Still we may wonder why God does not do something about the mess we have made of His world.  The Bible’s answer is that He has and He will.  God sent His Son Jesus into the world to undo the damage caused by sin.  By His death, He paid the just penalty of sin.  By His resurrection, He gives eternal life to believing sinners.  When He returns visibly to Earth again, He will reverse God’s curse on the natural world.  The Bible says,
“For I consider that the sufferings of this present time are not worthy to be compared with the glory that is to be revealed to us.  For the anxious longing of the creation waits eagerly for the revealing of the sons of God.  For the creation was subjected to futility, not willingly, but because of Him who subjected it, in hope that the creation itself also will be set free from its slavery to corruption into the freedom of the glory of the children of God” (Romans 8:18-21).

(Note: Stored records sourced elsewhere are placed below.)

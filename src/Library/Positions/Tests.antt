-- ===== src/Library/Positions/Tests.antt =====
-- A phone that was offline and a tablet, which report the position of one edition.
use ketapod_website.Base.{
  ℕ, ◌≡◌, ◌↔◌, refl, sym, ap, ◌∙◌, inl, inr, true, false, none, some, Option, List, [], ◌∷◌, map,
  arith,
}
use ketapod_website.Base.Int.{pos, negsuc, min_ℤ}
use ketapod_website.Commerce.Subscriptions.{
  record_usage, get_active, with_plan, current_of, use_hours,
}
use ketapod_website.Library.Positions.{
  adjust, position_of, new_position, upsert_position, insert_event, record_seconds,
  record_listening, sync_adjusted, sync_position,
}
use ketapod_website.Library.Positions.Latest.{Arrival, arrive_all, report, arrive_all-same}
use ketapod_website.Library.Positions.Newest.{In, AreTimed}
use ketapod_website.Library.Positions.Reports.{Progress, held}
use ketapod_website.Samples.{no_rows}
use ketapod_website.Schema.{Error}
use ketapod_website.Store.{ok, err, query, reads, lift}

abbrev books : ℕ → Option ℕ
books i = some 6

abbrev from_phone : Arrival
from_phone = record {
  clock = 60;
  popularity = ok tt;
  faults = true ∷ [];
  update = record {
    audio_edition_id = 5;
    profile_id = none;
    position_seconds = pos 90_000;
    duration_seconds = pos 600_000;
    is_finished = false;
    device_updated_at = some 20;
    seconds_listened = pos 30;
  };
}

abbrev from_tablet : Arrival
from_tablet = record {
  clock = 58;
  popularity = err Error.upstream;
  faults = [];
  update = record {
    audio_edition_id = 5;
    profile_id = none;
    position_seconds = negsuc 4;
    duration_seconds = pos 600_000;
    is_finished = false;
    device_updated_at = some 45;
    seconds_listened = pos 10;
  };
}

two_times : AreTimed (map report (from_phone ∷ from_tablet ∷ []))
unfolding adjust
two_times p q (inl a) (inl b) t = a ∙ sym b
two_times p q (inl a) (inr (inl b)) t =
    absurd (omega (arith, t, ap (λ (x : Progress). x.time) a, ap (λ (x : Progress). x.time) b))
two_times p q (inr (inl a)) (inl b) t =
    absurd (omega (arith, t, ap (λ (x : Progress). x.time) a, ap (λ (x : Progress). x.time) b))
two_times p q (inr (inl a)) (inr (inl b)) t = a ∙ sym b
two_times p q (inl a) (inr (inr h)) t = elim h [ ]
two_times p q (inr (inl a)) (inr (inr h)) t = elim h [ ]
two_times p q (inr (inr h)) k t = elim h [ ]

-- The phone's report comes late, and twice.
abbrev one_order : List Arrival
one_order = from_phone ∷ from_tablet ∷ []

abbrev other_order : List Arrival
other_order = from_tablet ∷ from_phone ∷ from_phone ∷ []

same_reports : (p : Progress) → In p (map report one_order) ↔ In p (map report other_order)
same_reports p = (there, back)
  where
    there : In p (map report one_order) → In p (map report other_order)
    there (inl a) = inr (inl a)
    there (inr (inl a)) = inl a
    there (inr (inr h)) = elim h [ ]

    back : In p (map report other_order) → In p (map report one_order)
    back (inl a) = inr (inl a)
    back (inr (inl a)) = inl a
    back (inr (inr (inl a))) = inl a
    back (inr (inr (inr h))) = elim h [ ]

nowhere : position_of 1 none 5 no_rows ≡ none
unfolding position_of
nowhere = refl

arrive_all-same_example :
    held (position_of 1 none 5 (arrive_all books 1 one_order no_rows))
    ≡ held (position_of 1 none 5 (arrive_all books 1 other_order no_rows))
arrive_all-same_example =
    arrive_all-same books 1 none 5 6 no_rows one_order other_order refl nowhere
      ((refl, refl), ((refl, refl), tt)) ((refl, refl), ((refl, refl), ((refl, refl), tt)))
      two_times same_reports

-- A failure of the popularity counter fails the call, whose position and listening are stored.
popularity_fails :
    ((sync_position
        (err Error.upstream)
        58
        books
        1
        from_tablet.update
        (record { db = no_rows; faults = [] })).0
      ≡ err Error.upstream)
unfolding sync_position sync_adjusted record_listening record_seconds insert_event record_usage
    get_active with_plan current_of use_hours upsert_position position_of new_position adjust min_ℤ
    query reads lift
popularity_fails = refl
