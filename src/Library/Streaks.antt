-- ===== src/Library/Streaks.antt =====
-- What the two numbers of a streak mean.
mod Tests
use ketapod_website.Base.{
  ℕ, suc, ◌+◌, ◌≤◌, ◌<◌, ◌≡◌, ◌⊎◌, refl, sym, ap, ◌∙◌, inl, inr, Bool, true, false, ◌||◌, List, [],
  ◌∷◌, arith, ltb, leb, ◌==◌, if◌then◌else◌, length, any, Bool-cases,
}
use mathlib.Core.Path.{subst}
use ketapod_website.Library.{
  distinct, insert_day, sort_days, max_ℕ, longest_run, current_run, streaks_of, streaks,
}

longest_run-grows : (p r l : ℕ) (ds : List ℕ) → l ≤ longest_run p r l ds
longest_run-grows p r l [] = omega arith
longest_run-grows p r l (d ∷ ds) =
    ground (arith, longest_run-grows d (suc r) (max_ℕ l (suc r)) ds, longest_run-grows d 1 l ds)

current_run-le : (p r l : ℕ) (ds : List ℕ) → r ≤ l → current_run p r ds ≤ longest_run p r l ds
current_run-le p r l [] h = h
current_run-le p r l (d ∷ ds) h = elim (Bool-cases (suc d == p)) [
  | inl on ↦ rw on (current_run-le d (suc r) (max_ℕ l (suc r)) ds (ground arith))
  | inr gap ↦ rw gap (ground (arith, longest_run-grows d 1 l ds))
]

-- Every day of the run behind p is in the list.
current_run-days :
    (p r : ℕ) (ds : List ℕ) (d : ℕ)
    → d < p
    → p + r ≤ d + current_run p r ds
    → any (λ x. x == d) ds ≡ true
current_run-days p r [] d h k = absurd (omega arith)
current_run-days p r (e ∷ es) d h k = elim (Bool-cases (suc e == p)) [
  | inl on ↦
      let k' : p + r ≤ d + current_run e (suc r) es = rw on at k in
      ground (arith, current_run-days e (suc r) es d)
  | inr gap ↦ let k' : p + r ≤ d + r = rw gap at k in absurd (omega arith)
]

any-insert_day : (p : ℕ → Bool) (d : ℕ) (es : List ℕ) → any p (insert_day d es) ≡ p d || any p es
any-insert_day p d [] = refl
any-insert_day p d (e ∷ es) = ground (arith, any-insert_day p d es)

any-sort_days : (p : ℕ → Bool) (ds : List ℕ) → any p (sort_days ds) ≡ any p ds
any-sort_days p [] = refl
any-sort_days p (d ∷ ds) =
    any-insert_day p d (sort_days ds) ∙ ap (λ b. p d || b) (any-sort_days p ds)

any-distinct : (p : ℕ → Bool) (seen ds : List ℕ) → any p (distinct seen ds) ≡ true → any p ds ≡ true
any-distinct p seen [] h = h
any-distinct p seen (d ∷ ds) h =
    ground (arith, any-distinct p seen ds, any-distinct p (d ∷ seen) ds)

of-le : (today : ℕ) (ds : List ℕ) → (streaks_of today ds).0 ≤ (streaks_of today ds).1
of-le today [] = omega arith
of-le today (d ∷ ds) = ground (arith, current_run-le d 1 1 ds)

-- The current streak is never longer than the longest.
pub streaks_ordered : (days : List ℕ) (today : ℕ) → (streaks days today).0 ≤ (streaks days today).1
unfolding streaks
streaks_ordered days today = of-le today (sort_days (distinct [] days))

-- A streak of this length that ends at `last`: that is today or yesterday, and each day of the
-- streak passes.
pub record IsStreak (passes : ℕ → Bool) (today len : ℕ) : Type 0 where
  pub last : ℕ
  pub recent : (last ≡ today) ⊎ (suc last ≡ today)
  pub each : (d : ℕ) → d ≤ last → last < d + len → passes d ≡ true

of-IsStreak :
    (today : ℕ) (ds : List ℕ)
    → 0 < (streaks_of today ds).0
    → IsStreak (λ d. any (λ x. x == d) ds) today (streaks_of today ds).0
of-IsStreak today [] h = absurd (omega arith)
of-IsStreak today (n ∷ ds) h = elim (Bool-cases (n == today || suc n == today)) [
  | inl recent ↦ rw recent (record {
    last = n;
    recent = ground (arith, recent);
    each = λ d le near. elim (Bool-cases (n == d)) [
      | inl same ↦ rw same refl
      | inr earlier ↦ rw earlier (current_run-days n 1 ds d (ground arith) (omega arith))
    ];
  })
  | inr stale ↦ let none_left : 0 < 0 = rw stale at h in absurd (omega arith)
]

-- A current streak above 0 ends today or yesterday, and the user has listened on every one of its
-- days.
pub streaks_listened :
    (days : List ℕ) (today : ℕ)
    → 0 < (streaks days today).0
    → IsStreak (λ d. any (λ x. x == d) days) today (streaks days today).0
unfolding streaks
streaks_listened days today h =
    let s = of-IsStreak today (sort_days (distinct [] days)) h in
    record {
      last = s.last;
      recent = s.recent;
      each = λ d le near.
          any-distinct (λ x. x == d) [] days
            (sym (any-sort_days (λ x. x == d) (distinct [] days)) ∙ s.each d le near);
    }
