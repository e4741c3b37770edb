-- ===== src/Library/Streaks/Tests.antt =====
-- Five days of listening, one of them twice.
use ketapod_website.Base.{ℕ, ◌≡◌, refl, List, [], ◌∷◌, ◌==◌, any, arith}
use ketapod_website.Library.{streaks}
use ketapod_website.Library.Streaks.{IsStreak, streaks_listened}

abbrev week : List ℕ
week = 18 ∷ 12 ∷ 19 ∷ 11 ∷ 19 ∷ 10 ∷ []

streaks-week : streaks week 20 ≡ (2, 3)
unfolding streaks
streaks-week = refl

streaks_listened_example : IsStreak (λ d. any (λ x. x == d) week) 20 (streaks week 20).0
unfolding streaks
streaks_listened_example = streaks_listened week 20 (omega arith)
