-- ===== src/Media.antt =====
-- The bytes that a listener without access may read: backend/internal/media/rangeclamp.go and
-- `PreviewByteLimit` of access.go. A range is its two ends; the text "bytes=%d-%d" that the code
-- makes of them is left out.
pub mod Preview
pub mod Access
pub mod Tokens
pub mod Playback
mod Tests
use ketapod_website.Base.{
  ℕ, suc, ◌+◌, ◌-◌, ◌*◌, ◌/◌, ◌≤◌, Bool, true, false, not, ◌&&◌, ◌||◌, Option, none, some, List, [],
  ◌∷◌, ltb, leb, ◌==◌, if◌then◌else◌,
}
use ketapod_website.Base.Int.{
  ℤ, pos, negsuc, ◌+ℤ◌, ◌-ℤ◌, ◌*ℤ◌, ltb_ℤ, leb_ℤ, min_ℤ, quot, wrap64, int64_half,
}
use ketapod_website.Base.Text.{Bytes, trim_left, trim_right, cut_prefix, contains_byte, cut, digits}

-- A value of this sign, if it fits an int64.
abbrev pub signed_value : Bool → Option ℕ → Option ℤ
signed_value b none = none
signed_value true (some n) = if leb n int64_half then some (pos 0 -ℤ pos n) else none
signed_value false (some n) = if ltb n int64_half then some (pos n) else none

-- strconv.ParseInt(s, 10, 64); `none` is an error.
abbrev pub parse_int : Bytes → Option ℤ
parse_int [] = none
parse_int (c ∷ cs) =
    if c == b'-'
    then signed_value true (digits cs)
    else if c == b'+'
    then signed_value false (digits cs)
    else signed_value false (digits (c ∷ cs))

-- The end of the range, from what stands behind the dash.
abbrev pub parsed_end : ℤ → ℤ → Option ℤ → Option (ℤ × ℤ)
parsed_end limit start none = none
parsed_end limit start (some e) =
    if ltb_ℤ e start then none else some (start, min_ℤ e (wrap64 (limit -ℤ pos 1)))

unfoldable pub clamp_end : ℤ → ℤ → Bytes → Option (ℤ × ℤ)
clamp_end limit start [] = some (start, wrap64 (limit -ℤ pos 1))
clamp_end limit start (c ∷ cs) = parsed_end limit start (parse_int (c ∷ cs))

unfoldable pub clamp_start : ℤ → Option ℤ → Bytes → Option (ℤ × ℤ)
clamp_start limit none rest = none
clamp_start limit (some start) rest =
    if ltb_ℤ start (pos 0) || leb_ℤ limit start then none else clamp_end limit start rest

abbrev pub clamp_parts : ℤ → Option (Bytes × Bytes) → Option (ℤ × ℤ)
clamp_parts limit none = none
clamp_parts limit (some ([], rest)) = none
clamp_parts limit (some (c ∷ cs, rest)) = clamp_start limit (parse_int (c ∷ cs)) rest

abbrev pub clamp_spec : ℤ → Option Bytes → Option (ℤ × ℤ)
clamp_spec limit none = none
clamp_spec limit (some s) = if contains_byte b',' s then none else clamp_parts limit (cut b'-' s)

abbrev pub bytes_unit : Bytes
bytes_unit = b'b' ∷ b'y' ∷ b't' ∷ b'e' ∷ b's' ∷ b'=' ∷ []

abbrev pub clamp_header : ℤ → Bytes → Option (ℤ × ℤ)
clamp_header limit [] = some (pos 0, wrap64 (limit -ℤ pos 1))
clamp_header limit (c ∷ cs) =
    clamp_spec limit (cut_prefix bytes_unit (trim_right (trim_left (c ∷ cs))))

-- `clampRange`; `none` is ErrRangeOutsidePreview.
unfoldable pub clamp_range : Bytes → ℤ → Option (ℤ × ℤ)
clamp_range header limit = if leb_ℤ limit (pos 0) then none else clamp_header limit header

-- `PreviewByteLimit`
unfoldable pub preview_byte_limit : ℤ → ℤ → ℤ
preview_byte_limit seconds kbps =
    if leb_ℤ seconds (pos 0)
    then pos 0
    else let rate = if leb_ℤ kbps (pos 0) then pos 48 else kbps in
      wrap64 (quot (wrap64 (wrap64 (seconds *ℤ rate) *ℤ pos 1_000)) 8 +ℤ pos 65_536)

Finally, we may ask, “If God is going to end all suffering in the future, why doesn’t He do it now?  Why has He waited for so many years?”  Again, the Bible has an answer.  The day that Jesus comes to renew and redeem will also be the day He comes to judge.  God is waiting until human sin is fully ripe for judgment; He is also waiting to give men and women an opportunity to repent and receive Christ.  The Bible says, “Or do you think lightly of the riches of His kindness and tolerance and patience, not knowing that the kindness of God leads you to repentance?” (Romans 2:4).

Friend, are you outraged by the vast sufferings of humanity?  When you face God, He will say, “Your very outrage is a testimony to My righteous Law.  Why, then did you not repent of your sins?”  If you are not yet ready to answer that question, perhaps you should not be too anxious for God to set things right in the world.